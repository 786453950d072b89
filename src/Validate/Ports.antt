-- ===== src/Validate/Ports.antt =====
-- The checks of what a port is used for: `checkPortRoleExclusivity` and `checkManagementIsolation` of
-- internal/model/validate.go.
use nfvis.Prelude.{
  ℕ, suc, String, ◌+++◌, Bool, not, ◌&&◌, Option, none, some, List, [], ◌∷◌, ◌++◌, str_eq,
  if◌then◌else◌, flat_map,
}
use nfvis.Model.{
  Config, Bond, InterfaceConfig, L3Interface, MgmtConfig, PortMirroring, SystemConfig,
  VirtualSwitch, VppConfig, VppDevOverride, VppDpdk, VswitchPort, Vrf, ValidateError,
}
use nfvis.Validate.Tables.{
  Texts, all_of, errf, error_if, mem_str, is_iface, any_iface, l3_iface_exists,
}

-- A call of `claim`: whether the port is there, and the path for the error.
pub record RoleClaim : Type 0 where
  pub name : String
  pub path : String
  pub exists : Bool

abbrev counts : RoleClaim → Bool
counts k = not (str_eq k.name "") && k.exists

-- The claims that `claim` does not pass over.
unfoldable pub counted : List RoleClaim → List RoleClaim
counted [] = []
counted (k ∷ ks) = let rest = counted ks in if counts k then k ∷ rest else rest

abbrev pub conflict : String
conflict = "接口 %q 的角色冲突：已作为%s（%s），不能再作为%s——" +++ "同一网口在 bond 成员/交换机端口/L3 接口/镜像源或分析口 中只能出现一次"

-- `claim` on one after the other, with the names that are taken.
unfoldable pub claim_all : List String → List RoleClaim → List ValidateError
claim_all seen [] = []
claim_all seen (k ∷ ks) =
    let taken_on = claim_all seen ks in
    let taken_now = claim_all (k.name ∷ seen) ks in
    if not (counts k)
    then taken_on
    else if mem_str k.name seen
    then errf k.path conflict ++ taken_on
    else taken_now

-- A loop with an index.
abbrev pub each : {A B : Type 0} → (ℕ → A → List B) → ℕ → List A → List B
each f i [] = []
each f i (x ∷ xs) = f i x ++ each f (suc i) xs

module _ (texts : Texts) (c : Config) where
  abbrev at : String → ℕ → String
  at p i = p +++ "[" +++ texts.show i +++ "]"

  abbrev pub bond_claims : Bond → List RoleClaim
  bond_claims b =
      each
        (λ i m.
          record {
            name = m;
            path = at ("bonds[" +++ b.name +++ "].members") i;
            exists = is_iface c m;
          }
          ∷ [])
        0 b.members

  abbrev pub switch_claims : VirtualSwitch → List RoleClaim
  switch_claims s =
      flat_map
        (λ (q : VswitchPort).
          record {
            name = q.interface;
            path = at ("virtual-switches[" +++ s.name +++ "].ports") q.seq +++ ".interface";
            exists = any_iface c q.interface;
          }
          ∷ [])
        s.ports

  abbrev pub vrf_claims : Vrf → List RoleClaim
  vrf_claims r =
      flat_map
        (λ (l : L3Interface).
          record {
            name = l.interface;
            path = "vrfs[" +++ r.name +++ "].l3_interfaces[" +++ l.interface +++ "].interface";
            exists = l3_iface_exists texts c l.interface;
          }
          ∷ [])
        r.l3_interfaces

  abbrev pub mirror_claims : PortMirroring → List RoleClaim
  mirror_claims m =
      record {
        name = m.source.interface;
        path = "port-mirroring[" +++ m.name +++ "].source.interface";
        exists = any_iface c m.source.interface;
      }
      ∷ record {
        name = m.analyzer;
        path = "port-mirroring[" +++ m.name +++ "].analyzer";
        exists = is_iface c m.analyzer;
      }
      ∷ []

  -- The calls of `claim`, in their order.
  abbrev pub role_claims : List RoleClaim
  role_claims =
      flat_map bond_claims c.bonds
      ++ flat_map switch_claims c.virtual_switches
      ++ flat_map vrf_claims c.vrfs
      ++ flat_map mirror_claims c.port_mirroring

  -- `checkPortRoleExclusivity`.
  unfoldable pub check_port_role_exclusivity : List ValidateError
  unfolding claim_all is_iface any_iface l3_iface_exists
  check_port_role_exclusivity = claim_all [] role_claims

  module _ (mgmt : String) where
    -- `conflict`, where the port is the one of the management.
    abbrev pub conflict_if : String → String → String → List ValidateError
    conflict_if name path what =
        error_if (str_eq name mgmt) path ("管理网卡 %q 不得用于数据面（" +++ what +++ "）：管理面须与业务面隔离")

    abbrev pub interface_conflicts : List ValidateError
    interface_conflicts =
        each
          (λ i (x : InterfaceConfig).
            conflict_if x.name (at "interfaces" i +++ ".name") "interfaces 声明为业务网卡")
          0 c.interfaces

    abbrev pub dev_conflicts : Option VppDpdk → List ValidateError
    dev_conflicts none = []
    dev_conflicts (some d) =
        each
          (λ i (x : VppDevOverride).
            conflict_if x.interface (at "vpp.dpdk.per_dev" i +++ ".interface") "DPDK 设备参数覆盖")
          0 d.per_dev

    abbrev pub vpp_conflicts : Option VppConfig → List ValidateError
    vpp_conflicts none = []
    vpp_conflicts (some v) = dev_conflicts v.dpdk

    abbrev pub bond_conflicts : List ValidateError
    bond_conflicts =
        each
          (λ i (b : Bond).
            each
              (λ j m.
                conflict_if m (at (at "bonds" i +++ ".members") j) ("bond " +++ b.name +++ " 成员"))
              0 b.members)
          0 c.bonds

    abbrev pub port_conflicts : List ValidateError
    port_conflicts =
        each
          (λ i (s : VirtualSwitch).
            each
              (λ j (q : VswitchPort).
                conflict_if q.interface
                  (at (at "virtual-switches" i +++ ".ports") j +++ ".interface")
                  ("交换机 " +++ s.name +++ " 端口"))
              0 s.ports)
          0 c.virtual_switches

    abbrev pub l3_conflicts : List ValidateError
    l3_conflicts =
        each
          (λ i (r : Vrf).
            each
              (λ j (l : L3Interface).
                conflict_if l.interface (at (at "vrfs" i +++ ".l3_interfaces") j +++ ".interface")
                  ("VRF " +++ r.name +++ " 的 L3 接口"))
              0 r.l3_interfaces)
          0 c.vrfs

    abbrev pub mirror_conflicts : List ValidateError
    mirror_conflicts =
        each
          (λ i (m : PortMirroring).
            conflict_if m.source.interface (at "port-mirroring" i +++ ".source.interface") "镜像源端口"
            ++ conflict_if m.analyzer (at "port-mirroring" i +++ ".analyzer") "镜像分析端口")
          0 c.port_mirroring

    abbrev pub conflict_blocks : List (List ValidateError)
    conflict_blocks =
        interface_conflicts
        ∷ vpp_conflicts c.vpp
        ∷ bond_conflicts
        ∷ port_conflicts
        ∷ l3_conflicts
        ∷ mirror_conflicts
        ∷ []

  abbrev isolation_of : Option MgmtConfig → List ValidateError
  isolation_of none = []
  isolation_of (some m) = if str_eq m.interface "" then [] else all_of (conflict_blocks m.interface)

  abbrev system_isolation : Option SystemConfig → List ValidateError
  system_isolation none = []
  system_isolation (some s) = isolation_of s.management

  -- `checkManagementIsolation`.
  unfoldable pub check_management_isolation : List ValidateError
  check_management_isolation = system_isolation c.system
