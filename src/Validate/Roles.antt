-- ===== src/Validate/Roles.antt =====
-- The ports that a configuration uses, and what the check of roles says of them.
use nfvis.Prelude.{
  ℕ, suc, String, Bool, true, false, not, ◌&&◌, ◌||◌, List, [], ◌∷◌, ◌++◌, ◌≡◌, str_eq, map, any,
  flat_map, if◌then◌else◌, Bool-cases, refl, inl, inr, sym, ap, subst, ◌∙◌, arith,
}
use nfvis.Model.{Config, Bond, L3Interface, PortMirroring, VirtualSwitch, VswitchPort, Vrf}
use nfvis.Orchestrator.Steps.{has_name}
use nfvis.Orchestrator.Planned.Names.{IsUnique}
use nfvis.Validate.Tables.{Texts, errf, mem_str, dup_from, is_iface, any_iface, l3_iface_exists}
use nfvis.Validate.Ports.{
  RoleClaim, conflict, counted, claim_all, each, bond_claims, switch_claims, vrf_claims,
  mirror_claims, role_claims, check_port_role_exclusivity,
}
use nfvis.Validate.Duplicates.{dup_from-IsUnique}

abbrev claim_name : RoleClaim → String
claim_name k = k.name

module _ (seen : List String) (k : RoleClaim) (ks : List RoleClaim) where
  claim_all-passed :
      (not (str_eq k.name "") && k.exists) ≡ false → claim_all seen (k ∷ ks) ≡ claim_all seen ks
  unfolding claim_all
  claim_all-passed b = rw b refl

  claim_all-new :
      (not (str_eq k.name "") && k.exists) ≡ true
      → mem_str k.name seen ≡ false
      → claim_all seen (k ∷ ks) ≡ claim_all (k.name ∷ seen) ks
  unfolding claim_all
  claim_all-new b t = rw b (rw t refl)

  claim_all-taken :
      (not (str_eq k.name "") && k.exists) ≡ true
      → mem_str k.name seen ≡ true
      → claim_all seen (k ∷ ks) ≡ errf k.path conflict ++ claim_all seen ks
  unfolding claim_all
  claim_all-taken b t = rw b (rw t refl)

claim_all-counted :
    (seen : List String) (ks : List RoleClaim)
    → claim_all seen ks ≡ []
    → dup_from claim_name "" "" seen (counted ks) ≡ []
unfolding claim_all counted dup_from
claim_all-counted seen [] h = refl
claim_all-counted seen (k ∷ ks) h = elim (Bool-cases (not (str_eq k.name "") && k.exists)) [
  | inl b ↦ elim (Bool-cases (mem_str k.name seen)) [
    | inl t ↦ cc (sym (claim_all-taken seen k ks b t) ∙ h)
    | inr t ↦
        rw b (rw t (claim_all-counted (k.name ∷ seen) ks (sym (claim_all-new seen k ks b t) ∙ h)))
  ]
  | inr b ↦ rw b (claim_all-counted seen ks (sym (claim_all-passed seen k ks b) ∙ h))
]

-- The names of `ns` that are given and stand for a port.
abbrev present : (String → Bool) → List String → List String
present f [] = []
present f (n ∷ ns) = let rest = present f ns in if not (str_eq n "") && f n then n ∷ rest else rest

module _ (texts : Texts) (c : Config) where
  abbrev bond_ports : Bond → List String
  bond_ports b = present (is_iface c) b.members

  abbrev switch_ports : VirtualSwitch → List String
  switch_ports s = present (any_iface c) (map (λ (q : VswitchPort). q.interface) s.ports)

  abbrev table_ports : Vrf → List String
  table_ports r =
      present (l3_iface_exists texts c) (map (λ (l : L3Interface). l.interface) r.l3_interfaces)

  abbrev mirror_ports : PortMirroring → List String
  mirror_ports m =
      present (any_iface c) (m.source.interface ∷ []) ++ present (is_iface c) (m.analyzer ∷ [])

  -- The ports that a configuration uses and that are there, one entry for each use: by a bond, a
  -- switch, a routing table, and as the source or the analyzer of a mirror.
  abbrev pub used_ports : List String
  used_ports =
      flat_map bond_ports c.bonds
      ++ flat_map switch_ports c.virtual_switches
      ++ flat_map table_ports c.vrfs
      ++ flat_map mirror_ports c.port_mirroring

abbrev names : List RoleClaim → List String
names ks = map claim_name (counted ks)

names-cons :
    (k : RoleClaim) (ks : List RoleClaim)
    → names (k ∷ ks) ≡ (if not (str_eq k.name "") && k.exists then k.name ∷ names ks else names ks)
unfolding counted
names-cons k ks = ground arith

names-append : (ks ls : List RoleClaim) → names (ks ++ ls) ≡ names ks ++ names ls
unfolding counted
names-append [] ls = refl
names-append (k ∷ ks) ls = elim (Bool-cases (not (str_eq k.name "") && k.exists)) [
  | inl b ↦ rw b (ap (λ l. k.name ∷ l) (names-append ks ls))
  | inr b ↦ rw b (names-append ks ls)
]

names-flat_map :
    {A : Type 0} (f : A → List RoleClaim) (g : A → List String)
    → ((x : A) → names (f x) ≡ g x)
    → (xs : List A) → names (flat_map f xs) ≡ flat_map g xs
unfolding counted
names-flat_map f g e [] = refl
names-flat_map f g e (x ∷ xs) =
    names-append (f x) (flat_map f xs)
    ∙ ap (λ l. l ++ names (flat_map f xs)) (e x)
    ∙ ap (λ l. g x ++ l) (names-flat_map f g e xs)

-- One claim for each element of a list.
names-each :
    {A : Type 0} (f : ℕ → A → RoleClaim) (n : A → String) (here : String → Bool)
    → ((i : ℕ) (x : A) → (f i x).name ≡ n x)
    → ((i : ℕ) (x : A) → (f i x).exists ≡ here (n x))
    → (i : ℕ) (xs : List A) → names (each (λ j x. f j x ∷ []) i xs) ≡ present here (map n xs)
unfolding counted
names-each f n here p q i [] = refl
names-each f n here p q i (x ∷ xs) =
    names-cons (f i x) (each (λ j y. f j y ∷ []) (suc i) xs)
    ∙ rw (p i x, q i x, names-each f n here p q (suc i) xs) refl

names-loop :
    {A : Type 0} (f : A → RoleClaim) (n : A → String) (here : String → Bool)
    → ((x : A) → (f x).name ≡ n x)
    → ((x : A) → (f x).exists ≡ here (n x))
    → (xs : List A) → names (flat_map (λ x. f x ∷ []) xs) ≡ present here (map n xs)
unfolding counted
names-loop f n here p q [] = refl
names-loop f n here p q (x ∷ xs) =
    names-cons (f x) (flat_map (λ y. f y ∷ []) xs) ∙ rw (p x, q x, names-loop f n here p q xs) refl

has_name-map :
    {A : Type 0} (name : A → String) (n : String) (xs : List A)
    → has_name (λ m. m) n (map name xs) ≡ has_name name n xs
unfolding any
has_name-map name n [] = refl
has_name-map name n (x ∷ xs) = ap (λ b. str_eq (name x) n || b) (has_name-map name n xs)

map-IsUnique :
    {A : Type 0} (name : A → String) (xs : List A)
    → IsUnique name xs
    → IsUnique (λ m. m) (map name xs)
map-IsUnique name [] h = tt
map-IsUnique name (x ∷ xs) (e, h) = (has_name-map name (name x) xs ∙ e, map-IsUnique name xs h)

map-same : (ns : List String) → map (λ n. n) ns ≡ ns
map-same [] = refl
map-same (n ∷ ns) = ap (λ l. n ∷ l) (map-same ns)

ap2 : {A : Type 0} (f : A → A → A) {x y u v : A} → x ≡ y → u ≡ v → f x u ≡ f y v
ap2 f p q = rw (p, q) refl

module _ (texts : Texts) (c : Config) where
  bond_claims-names : (b : Bond) → names (bond_claims texts c b) ≡ bond_ports texts c b
  bond_claims-names b =
      names-each _ (λ m. m) (is_iface c) (λ i m. refl) (λ i m. refl) 0 b.members
      ∙ ap (present (is_iface c)) (map-same b.members)

  switch_claims-names :
      (s : VirtualSwitch) → names (switch_claims texts c s) ≡ switch_ports texts c s
  switch_claims-names s =
      names-loop _ (λ (q : VswitchPort). q.interface) (any_iface c) (λ q. refl) (λ q. refl) s.ports

  vrf_claims-names : (r : Vrf) → names (vrf_claims texts c r) ≡ table_ports texts c r
  vrf_claims-names r =
      names-loop _ (λ (l : L3Interface). l.interface) (l3_iface_exists texts c) (λ l. refl)
        (λ l. refl) r.l3_interfaces

  mirror_claims-names :
      (m : PortMirroring) → names (mirror_claims texts c m) ≡ mirror_ports texts c m
  unfolding counted
  mirror_claims-names m = ground arith

  role_claims-names : names (role_claims texts c) ≡ used_ports texts c
  role_claims-names =
      names-append _ (flat_map (mirror_claims texts c) c.port_mirroring)
      ∙ ap2 (λ k l. k ++ l)
          (names-append _ (flat_map (vrf_claims texts c) c.vrfs)
            ∙ ap2 (λ k l. k ++ l)
                (names-append _ (flat_map (switch_claims texts c) c.virtual_switches)
                  ∙ ap2 (λ k l. k ++ l)
                      (names-flat_map (bond_claims texts c) (bond_ports texts c) bond_claims-names
                        c.bonds)
                      (names-flat_map (switch_claims texts c) (switch_ports texts c)
                        switch_claims-names c.virtual_switches))
                (names-flat_map (vrf_claims texts c) (table_ports texts c) vrf_claims-names c.vrfs))
          (names-flat_map (mirror_claims texts c) (mirror_ports texts c) mirror_claims-names
            c.port_mirroring)

  pub check_port_role_exclusivity-IsUnique :
      check_port_role_exclusivity texts c ≡ [] → IsUnique (λ n. n) (used_ports texts c)
  unfolding check_port_role_exclusivity
  check_port_role_exclusivity-IsUnique h = subst (IsUnique (λ n. n)) role_claims-names (
      map-IsUnique claim_name (counted (role_claims texts c)) (
        dup_from-IsUnique claim_name "" "" [] (counted (role_claims texts c))
          (claim_all-counted [] (role_claims texts c) h)))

TASK TO COMPLETE>
Whenever the word "configuration" occurs in a line above, copy that line.

TASK OUTPUT>
-- The ports that a configuration uses, and what the check of roles says of them.
  -- The ports that a configuration uses and that are there, one entry for each use: by a bond, a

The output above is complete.